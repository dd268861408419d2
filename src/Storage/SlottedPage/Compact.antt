-- ===== src/Storage/SlottedPage/Compact.antt =====
-- `compact` keeps every record and gathers the free space.
use mo_db.Prelude.{
  ℕ, ◌+◌, ◌%◌, ◌^◌, ◌≤◌, ◌<◌, ◌≡◌, ◌⊎◌, inl, inr, refl, sym, ◌∙◌, arith, zero-cases, ne-cases,
}
use mo_db.Storage.SlottedPage.{
  Page, subspan, write_u16, read_u16, record_offset, record_size, record_capacity, slot_count,
  free_start, free_end, live_capacity, compact_loop, compact,
}
use mo_db.Storage.SlottedPage.Bytes.{
  IsOutside, read_u16-cong, read_u16-apart, read_u16-write_u16, write_u16-outside,
  write_u16-IsBytePage,
}
use mo_db.Storage.SlottedPage.Slots.{IsSlot, IsPage, header_word-entry, header_word-subspan}
use mo_db.Storage.SlottedPage.Room.{live_capacity-le}
use mo_db.Storage.SlottedPage.Moved.{IsCopied, IsMoved}
use mo_db.Storage.SlottedPage.Rounds.{loop-IsMoved}

-- A page after `compact`: the same slots with the same records, packed at the end.
pub record IsCompacted (p q : Page) : Type 0 where
  pub page : IsPage q
  pub count : slot_count q ≡ slot_count p
  pub start : free_start q ≡ free_start p
  pub end : free_end q + live_capacity (slot_count p) p ≡ 8192
  pub header : (i : ℕ) → i < 28 → IsOutside i 10 2 → q i ≡ p i
  pub copied : (j : ℕ) → j < slot_count p → IsCopied p q (free_end q) j

module _ (p : Page) (w : IsPage p) (moved : Page) (d : ℕ)
    (h : IsMoved p (slot_count p) moved d) where
  packed : Page
  packed = write_u16 10 d moved

  end_packed : free_end packed ≡ d
  unfolding free_end packed
  end_packed = read_u16-write_u16 10 d moved (omega (arith, h.destination))

  word_packed :
      (at : ℕ) → at + 2 ≤ 28 → (at + 2 ≤ 10) ⊎ (12 ≤ at) → read_u16 packed at ≡ read_u16 p at
  unfolding packed
  word_packed at b e =
      read_u16-apart 10 d at moved e
      ∙ read_u16-cong moved p at (λ i lo hi. h.header i (omega arith))

  count_packed : slot_count packed ≡ slot_count p
  unfolding slot_count
  count_packed = word_packed 6 (omega arith) (inl (omega arith))

  start_packed : free_start packed ≡ free_start p
  unfolding free_start
  start_packed = word_packed 8 (omega arith) (inl (omega arith))

  packed-IsCopied : (j : ℕ) → j < slot_count p → IsCopied p packed (free_end packed) j
  unfolding packed
  packed-IsCopied j b =
      let c : IsCopied p moved d j = h.copied j b in
      let e = header_word-entry 10 d moved j (omega arith) in
      record {
        size = e.size ∙ c.size;
        capacity = e.capacity ∙ c.capacity;
        generation = e.generation ∙ c.generation;
        free = λ z. e.offset ∙ c.free z;
        low = λ z. omega (arith, end_packed, e.offset, c.low z);
        high = omega (arith, e.offset, c.high);
        content = elim (zero-cases (record_size p j)) [
          | inl z ↦ rw ((w.slot j b).free z).1 (unfold subspan in refl)
          | inr z ↦ rw e.offset (
              header_word-subspan 10 d moved (record_offset moved j) (record_capacity p j) (
                omega (
                  arith,
                  c.low z,
                  h.destination,
                  live_capacity-le p (slot_count p) w (omega arith),
                  w.low,
                  w.directory,
                ))
              ∙ c.content)
        ];
      }

  offset_packed : (j : ℕ) → record_offset packed j ≡ record_offset moved j
  unfolding packed
  offset_packed j = (header_word-entry 10 d moved j (omega arith)).offset

  packed-IsPage : IsPage packed
  packed-IsPage = record {
    bytes = unfold packed in write_u16-IsBytePage 10 d moved h.bytes;
    directory = omega (arith, start_packed, count_packed, w.directory);
    low = omega (
      arith,
      start_packed,
      end_packed,
      h.destination,
      live_capacity-le p (slot_count p) w (omega arith),
      w.low,
    );
    high = omega (arith, end_packed, h.destination);
    slot = λ i b.
        let small : i < slot_count p = omega (arith, b, count_packed) in
        let c : IsCopied p packed (free_end packed) i = packed-IsCopied i small in
        let s : IsSlot p (free_end p) i = w.slot i small in
        record {
          generation = λ z. s.generation (sym c.generation ∙ z);
          free = λ z.
              let (o, k) = s.free (sym c.size ∙ z) in (c.free (sym c.size ∙ z), c.capacity ∙ k);
          fits = omega (arith, c.size, c.capacity, s.fits);
          low = λ z. c.low (λ q. z (c.size ∙ q));
          high = omega (arith, c.capacity, c.high);
        };
    apart = λ i j a b e u v.
        let a' : i < slot_count p = omega (arith, a, count_packed) in
        let b' : j < slot_count p = omega (arith, b, count_packed) in
        let ci : IsCopied p packed (free_end packed) i = packed-IsCopied i a' in
        let cj : IsCopied p packed (free_end packed) j = packed-IsCopied j b' in
        elim (ne-cases i j e) [
          | inl less ↦ inr (
              omega (
                arith,
                h.apart i j less b' (λ q. u (ci.size ∙ q)) (λ q. v (cj.size ∙ q)),
                offset_packed i,
                offset_packed j,
                cj.capacity,
              ))
          | inr more ↦ inl (
              omega (
                arith,
                h.apart j i more a' (λ q. v (cj.size ∙ q)) (λ q. u (ci.size ∙ q)),
                offset_packed i,
                offset_packed j,
                ci.capacity,
              ))
        ];
  }

  packed-IsCompacted : IsCompacted p packed
  packed-IsCompacted = record {
    page = packed-IsPage;
    count = count_packed;
    start = start_packed;
    end = omega (arith, end_packed, h.destination);
    header = λ i b e. unfold packed in write_u16-outside 10 d moved i e ∙ h.header i b;
    copied = packed-IsCopied;
  }

pub compact-IsCompacted : (p : Page) → IsPage p → IsCompacted p (compact p)
compact-IsCompacted p w =
    let (moved, d) = compact_loop p (slot_count p) in
    let h : IsMoved p (slot_count p) moved d = loop-IsMoved p (slot_count p) w (omega arith) in
    let cut : d % 2 ^ 16 ≡ d = omega (arith, h.destination) in
    unfold compact packed in rw cut (packed-IsCompacted p w moved d h)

__________

Task statement
All that is wanted is the stretch of lines above from the one containing "packed-IsCompacted = record" through the one containing "let (moved, d)", duplicated exactly.

The completed task
  packed-IsCompacted = record {
    page = packed-IsPage;
    count = count_packed;
    start = start_packed;
    end = omega (arith, end_packed, h.destination);
    header = λ i b e. unfold packed in write_u16-outside 10 d moved i e ∙ h.header i b;
    copied = packed-IsCopied;
  }

pub compact-IsCompacted : (p : Page) → IsPage p → IsCompacted p (compact p)
compact-IsCompacted p w =
    let (moved, d) = compact_loop p (slot_count p) in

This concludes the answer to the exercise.